SUPPLIED ENTRIES:
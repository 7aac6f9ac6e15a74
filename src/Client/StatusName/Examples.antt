-- ===== src/Client/StatusName/Examples.antt =====
-- Names of status codes, with numbers in strokes.
use Prim.Native.String.{String, count}
use text.Mathlib.TextEquality.{eq_iff}
use text.Mathlib.TextLemmas.{length-cons}
use platform_external_nos_ho.Base.{ℕ, zero, suc, ◌≡◌, ◌≢◌, refl, sym, ap, ◌∙◌, arith}
use platform_external_nos_ho.Client.StatusName.{status_code_string}
use platform_external_nos_ho.Client.StatusName.Laws.{status_code_string_injective}

strokes : ℕ → String
strokes zero = ""
strokes (suc n) = String.◌∷◌ "1" (strokes n)

count-strokes : (n : ℕ) → count (strokes n) ≡ n
unfolding strokes
count-strokes zero = refl
count-strokes (suc n) = length-cons "1" (strokes n) ∙ ap suc (count-strokes n)

strokes-inj : (m n : ℕ) → strokes m ≡ strokes n → m ≡ n
strokes-inj m n h = sym (count-strokes m) ∙ ap count h ∙ count-strokes n

line_five : status_code_string strokes 0x70000005 ≡ "APP_LINE_NUMBER 11111"
unfolding status_code_string strokes
line_five = refl

bogus : status_code_string strokes 1 ≡ "APP_ERROR_BOGUS_ARGS"
unfolding status_code_string
bogus = refl

line_known : status_code_string strokes 0x70000005 ≢ "unknown"
line_known = ground (arith, line_five, eq_iff "APP_LINE_NUMBER 11111" "unknown")

status_code_string_injective_example : ◌≡◌ {A = ℕ} 0x70000005 1879048197
status_code_string_injective_example =
    status_code_string_injective strokes 0x70000005 0x70000005 strokes-inj (omega arith)
      (omega arith) line_known refl
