-- ===== src/Crc16/Linear.antt =====
-- The checksum is linear over exclusive or.
use platform_external_nos_ho.Base.{
  ℕ, ◌+◌, ◌*◌, ◌/◌, ◌%◌, ◌^◌, ◌<◌, bit_xor, ◌≡◌, refl, ◌∙◌, ap, ap₂, List, [], ◌∷◌, arith, get_or,
  length, All,
}
use platform_external_nos_ho.Base.Xor.{bit_xor-lt, bit_xor_split, bit_xor_swap, bit_xor_self}
use platform_external_nos_ho.Crc16.{crc16_table, crc16_byte, crc16_update}
use platform_external_nos_ho.Crc16.Division.{table-bit_xor}
use platform_external_nos_ho.Crc16.Update.{crc16_byte_lem, crc16_byte-lt}

abbrev pub IsByte : ℕ → Type 0
IsByte b = b < 256

-- The bytes of two buffers, position by position; past the end of the second the first stands.
unfoldable pub xor_bytes : List ℕ → List ℕ → List ℕ
xor_bytes [] ys = []
xor_bytes (x ∷ xs) [] = x ∷ xs
xor_bytes (x ∷ xs) (y ∷ ys) = bit_xor x y ∷ xor_bytes xs ys

bytes_of : (n : ℕ) → n ≡ n / 256 * 2 ^ 8 + n % 256
bytes_of n = omega arith

bit_xor_bytes :
    (c e : ℕ) → bit_xor c e ≡ bit_xor (c / 256) (e / 256) * 256 + bit_xor (c % 256) (e % 256)
bit_xor_bytes c e =
    ap₂ bit_xor (bytes_of c) (bytes_of e)
    ∙ bit_xor_split 8 (c / 256) (e / 256) (c % 256) (e % 256) (omega arith) (omega arith)

pub high-bit_xor : (c e : ℕ) → bit_xor c e / 256 ≡ bit_xor (c / 256) (e / 256)
high-bit_xor c e =
    omega (arith, bit_xor_bytes c e, bit_xor-lt 8 (c % 256) (e % 256) (omega arith) (omega arith))

pub low-bit_xor : (c e : ℕ) → bit_xor c e % 256 ≡ bit_xor (c % 256) (e % 256)
low-bit_xor c e =
    omega (arith, bit_xor_bytes c e, bit_xor-lt 8 (c % 256) (e % 256) (omega arith) (omega arith))

shifted-bit_xor : (p q : ℕ) → bit_xor p q * 256 ≡ bit_xor (p * 256) (q * 256)
shifted-bit_xor p q =
    ground (arith, bit_xor_split 8 p q 0 0 (omega arith) (omega arith), bit_xor_self 0)

-- One round is linear in the checksum and the byte together.
pub crc16_byte-bit_xor :
    (c e a d : ℕ)
    → c < 2 ^ 16
    → e < 2 ^ 16
    → IsByte a
    → IsByte d
    → crc16_byte (bit_xor c e) (bit_xor a d) ≡ bit_xor (crc16_byte c a) (crc16_byte e d)
crc16_byte-bit_xor c e a d hc he ha hd =
    rw
      (
        crc16_byte_lem (bit_xor c e) (bit_xor a d) (bit_xor-lt 16 c e hc he)
            (bit_xor-lt 8 a d ha hd),
        crc16_byte_lem c a hc ha,
        crc16_byte_lem e d he hd,
      )
      (cc (
        high-bit_xor c e,
        low-bit_xor c e,
        bit_xor_swap (c / 256) (e / 256) a d,
        table-bit_xor (bit_xor (c / 256) a) (bit_xor (e / 256) d)
            (bit_xor-lt 8 (c / 256) a (omega arith) ha) (bit_xor-lt 8 (e / 256) d (omega arith) hd),
        shifted-bit_xor (c % 256) (e % 256),
        bit_xor_swap (get_or crc16_table (bit_xor (c / 256) a) 0)
            (get_or crc16_table (bit_xor (e / 256) d) 0) (c % 256 * 256) (e % 256 * 256),
      ))

-- The checksum of the exclusive or of two messages of one length is the exclusive or of their
-- checksums, for 16-bit starting values.
pub crc16_update-bit_xor :
    (xs ys : List ℕ) (c e : ℕ)
    → length xs ≡ length ys
    → All IsByte xs
    → All IsByte ys
    → c < 2 ^ 16
    → e < 2 ^ 16
    → crc16_update (xor_bytes xs ys) (bit_xor c e) ≡ bit_xor (crc16_update xs c) (crc16_update ys e)
unfolding crc16_update xor_bytes
crc16_update-bit_xor [] [] c e same hx hy hc he = refl
crc16_update-bit_xor [] (y ∷ ys) c e same hx hy hc he = absurd (omega arith)
crc16_update-bit_xor (x ∷ xs) [] c e same hx hy hc he = absurd (omega arith)
crc16_update-bit_xor (x ∷ xs) (y ∷ ys) c e same hx hy hc he =
    ap (crc16_update (xor_bytes xs ys)) (crc16_byte-bit_xor c e x y hc he hx.0 hy.0)
    ∙ crc16_update-bit_xor xs ys (crc16_byte c x) (crc16_byte e y) (omega arith) hx.1 hy.1
        (crc16_byte-lt c x) (crc16_byte-lt e y)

EXERCISE INSTRUCTIONS: Among the lines of the material, find those holding the word "unknown" and return them.

RESPONSE AREA:
line_known : status_code_string strokes 0x70000005 ≢ "unknown"
line_known = ground (arith, line_five, eq_iff "APP_LINE_NUMBER 11111" "unknown")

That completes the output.